In the start of my pregnancy, it was rough, because it was not expected, and it was hard for my boyfriend to accept. After a few weeks, I was happy about it, and he grew happy too. We went and bought little things here and there. My boyfriend is supportive & now is excited to find out the sex, and is taking part in my prenatal visits, and growing into ‘being a dad’.

Me, on the other hand…..

I have secretly started to feel worse and worse about the pregnancy. I haven’t really told anyone, except mention a little to a close friend. I am filled to the brim with fear and paranoia that because of my past and health issues I will have damaged my child and be a horrible parent… I just feel like everything is a mistake. I feel like I am confused to have my baby. I have thought of abortion, I am pro-choice, but I don’t believe in it for myself. I don’t know how I could live with myself. I have thought of adoption too, but my boyfriend would never agree, and I don’t know how I could live knowing I gave away my kid. I can only imagine how upset my family would be. My family is so happy I am pregnant!

I have done everything right, take my prenatals, go to my visits, eat right, keep informed, stopped cold turkey smoking, drinking and smoking weed, even though it was medical. I changed all my skin care and hair products and house cleaning products to safe organic stuff. I was obsessed with doing everything so perfect and healthy. I felt so happy to ‘be a mom’

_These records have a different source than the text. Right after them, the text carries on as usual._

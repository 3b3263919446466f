-- ===== src/Config/Cmd.antt =====
-- `config_read_cmd` of config.c: the arguments of `wg set`. `peer` is the last peer of the device, and
-- null while there is none.
pub mod Laws
use router1_app.Prelude.{
  ℕ, Bool, true, false, not, ◌&&◌, Option, none, some, List, [], ◌∷◌, ◌++◌, if◌then◌else◌, Bytes,
  codes, Outcome, ◌>>=◌, ◌>>◌, ok, fail,
}
use router1_app.Libc.{strcmp_eq}
use router1_app.Containers.{Peer, Device, zero_key, zero_peer, zero_device}
use router1_app.Containers.DeviceFlag
use router1_app.Containers.PeerFlag
use router1_app.Config.Host.{Host}
use router1_app.Config.Values.{
  parse_port, parse_fwmark, parse_key, parse_keyfile, parse_persistent_keepalive, parse_awg_string,
  parse_uint16, parse_bool,
}
use router1_app.Config.Endpoint.{parse_endpoint}
use router1_app.Config.Address.{parse_allowedips}
use router1_app.Config.Line.{at_last, key_or_fail, add_flag, add_peer_flag, Branches}
use router1_app.Config.Read.{strip_spaces}

abbrev pub no_peer : List Peer → Bool
no_peer [] = true
no_peer (p ∷ peers) = false

-- A chain `if (!strcmp(argv[0], name) && argc >= 2 && ...) ... else goto error`.
unfoldable pub first_arg : {A : Type 0} → Bytes → Bytes → Branches A → Outcome A
unfolding strcmp_eq
first_arg arg v [] = fail
first_arg arg v ((name, branch) ∷ more) = elim (strcmp_eq arg name) [
  | true ↦ branch v
  | false ↦ first_arg arg v more
]

-- The branches with `!peer`, in their order.
unfoldable pub device_args : Host → Device → Branches Device
device_args h d =
    (
      codes "listen-port",
      λ v. do p ← parse_port h d.flags v; ok (record d { listen_port = p.value; flags = p.flags }),
    )
    ∷ (
      codes "fwmark",
      λ v. do p ← parse_fwmark d.flags v; ok (record d { fwmark = p.value; flags = p.flags }),
    )
    ∷ (
      codes "private-key",
      λ v. do
        k ← key_or_fail (parse_keyfile h d.private_key v)
        ok (add_flag (record d { private_key = k }) DeviceFlag.has_private_key),
    )
    ∷ (
      codes "jc",
      λ v. do
        n ← parse_uint16 v
        ok (add_flag (record d { junk_packet_count = n }) DeviceFlag.has_jc),
    )
    ∷ (
      codes "jmin",
      λ v. do
        n ← parse_uint16 v
        ok (add_flag (record d { junk_packet_min_size = n }) DeviceFlag.has_jmin),
    )
    ∷ (
      codes "jmax",
      λ v. do
        n ← parse_uint16 v
        ok (add_flag (record d { junk_packet_max_size = n }) DeviceFlag.has_jmax),
    )
    ∷ (
      codes "s1",
      λ v. do
        n ← parse_uint16 v
        ok (add_flag (record d { init_packet_junk_size = n }) DeviceFlag.has_s1),
    )
    ∷ (
      codes "s2",
      λ v. do
        n ← parse_uint16 v
        ok (add_flag (record d { response_packet_junk_size = n }) DeviceFlag.has_s2),
    )
    ∷ (
      codes "s3",
      λ v. do
        n ← parse_uint16 v
        ok (add_flag (record d { cookie_reply_packet_junk_size = n }) DeviceFlag.has_s3),
    )
    ∷ (
      codes "s4",
      λ v. do
        n ← parse_uint16 v
        ok (add_flag (record d { transport_packet_junk_size = n }) DeviceFlag.has_s4),
    )
    ∷ (
      codes "h1",
      λ v. do
        t ← parse_awg_string v
        ok (add_flag (record d { init_packet_magic_header = t }) DeviceFlag.has_h1),
    )
    ∷ (
      codes "h2",
      λ v. do
        t ← parse_awg_string v
        ok (add_flag (record d { response_packet_magic_header = t }) DeviceFlag.has_h2),
    )
    ∷ (
      codes "h3",
      λ v. do
        t ← parse_awg_string v
        ok (add_flag (record d { underload_packet_magic_header = t }) DeviceFlag.has_h3),
    )
    ∷ (
      codes "h4",
      λ v. do
        t ← parse_awg_string v
        ok (add_flag (record d { transport_packet_magic_header = t }) DeviceFlag.has_h4),
    )
    ∷ (
      codes "i1",
      λ v. do t ← parse_awg_string v; ok (add_flag (record d { i1 = t }) DeviceFlag.has_i1),
    )
    ∷ (
      codes "i2",
      λ v. do t ← parse_awg_string v; ok (add_flag (record d { i2 = t }) DeviceFlag.has_i2),
    )
    ∷ (
      codes "i3",
      λ v. do t ← parse_awg_string v; ok (add_flag (record d { i3 = t }) DeviceFlag.has_i3),
    )
    ∷ (
      codes "i4",
      λ v. do t ← parse_awg_string v; ok (add_flag (record d { i4 = t }) DeviceFlag.has_i4),
    )
    ∷ (
      codes "i5",
      λ v. do t ← parse_awg_string v; ok (add_flag (record d { i5 = t }) DeviceFlag.has_i5),
    )
    ∷ []

-- The branches with `peer`, in their order.
unfoldable pub peer_args : Host → ℕ → Peer → Branches Peer
unfolding strip_spaces
peer_args h fuel p =
    (codes "endpoint", λ v. do e ← parse_endpoint h fuel v; ok (record p { endpoint = e }))
    ∷ (codes "allowed-ips", λ v. parse_allowedips h (strip_spaces v) p)
    ∷ (
      codes "persistent-keepalive",
      λ v. do
        n ← parse_persistent_keepalive p.flags v
        ok (record p { persistent_keepalive_interval = n.value; flags = n.flags }),
    )
    ∷ (
      codes "preshared-key",
      λ v. do
        k ← key_or_fail (parse_keyfile h p.preshared_key v)
        ok (add_peer_flag (record p { preshared_key = k }) PeerFlag.has_preshared_key),
    )
    ∷ (
      codes "advanced-security",
      λ v. do b ← parse_bool v; ok (add_peer_flag (record p { awg = b }) PeerFlag.has_awg),
    )
    ∷ []

-- The branch `peer`.
abbrev pub cmd_new_peer : Bytes → Device → Outcome Device
cmd_new_peer v d = do
  k ← key_or_fail (parse_key zero_key v)
  ok (record d {
    peers =
        d.peers
        ++ (add_peer_flag (record zero_peer { public_key = k }) PeerFlag.has_public_key ∷ []);
  })

-- A branch on an argument and its value; the other branches are `error`.
unfoldable pub pair_arg : Host → ℕ → Bytes → Bytes → Device → Outcome Device
unfolding first_arg device_args peer_args
pair_arg h fuel arg v d =
    if strcmp_eq arg (codes "peer")
    then cmd_new_peer v d
    else if no_peer d.peers
    then first_arg arg v (device_args h d)
    else (do
      peers ← at_last d.peers (λ p. first_arg arg v (peer_args h fuel p))
      ok (record d { peers = peers }))

-- The branch `remove`, which takes no value.
abbrev pub remove_arg : Device → Outcome Device
remove_arg d = do
  peers ← at_last d.peers (λ p. ok (add_peer_flag p PeerFlag.remove_me))
  ok (record d { peers = peers })

abbrev pub is_remove : Bytes → Device → Bool
is_remove arg d = strcmp_eq arg (codes "remove") && not (no_peer d.peers)

unfoldable pub read_args : Host → ℕ → List Bytes → Device → Outcome Device
unfolding pair_arg
read_args h fuel [] d = ok d
read_args h fuel (arg ∷ []) d = if is_remove arg d then remove_arg d else fail
read_args h fuel (arg ∷ v ∷ args) d =
    let removed = (do d' ← remove_arg d; read_args h fuel (v ∷ args) d') in
    let pair = (do d' ← pair_arg h fuel arg v d; read_args h fuel args d') in
    if is_remove arg d then removed else pair

unfoldable pub config_read_cmd : Host → ℕ → List Bytes → Outcome Device
unfolding read_args
config_read_cmd h fuel argv = read_args h fuel argv zero_device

I have suffered from depression all my life, on and off and have been on various medications on and off. I also suffer from seasonal depression as well, and some years I took anti-depressants through the fall and winter months . (I had wanted to try the light therapy, but all the side effects are things I already suffer from and to risk having more migraines, nausea, sleeping problems wasn’t worth it to me! + they can be costly)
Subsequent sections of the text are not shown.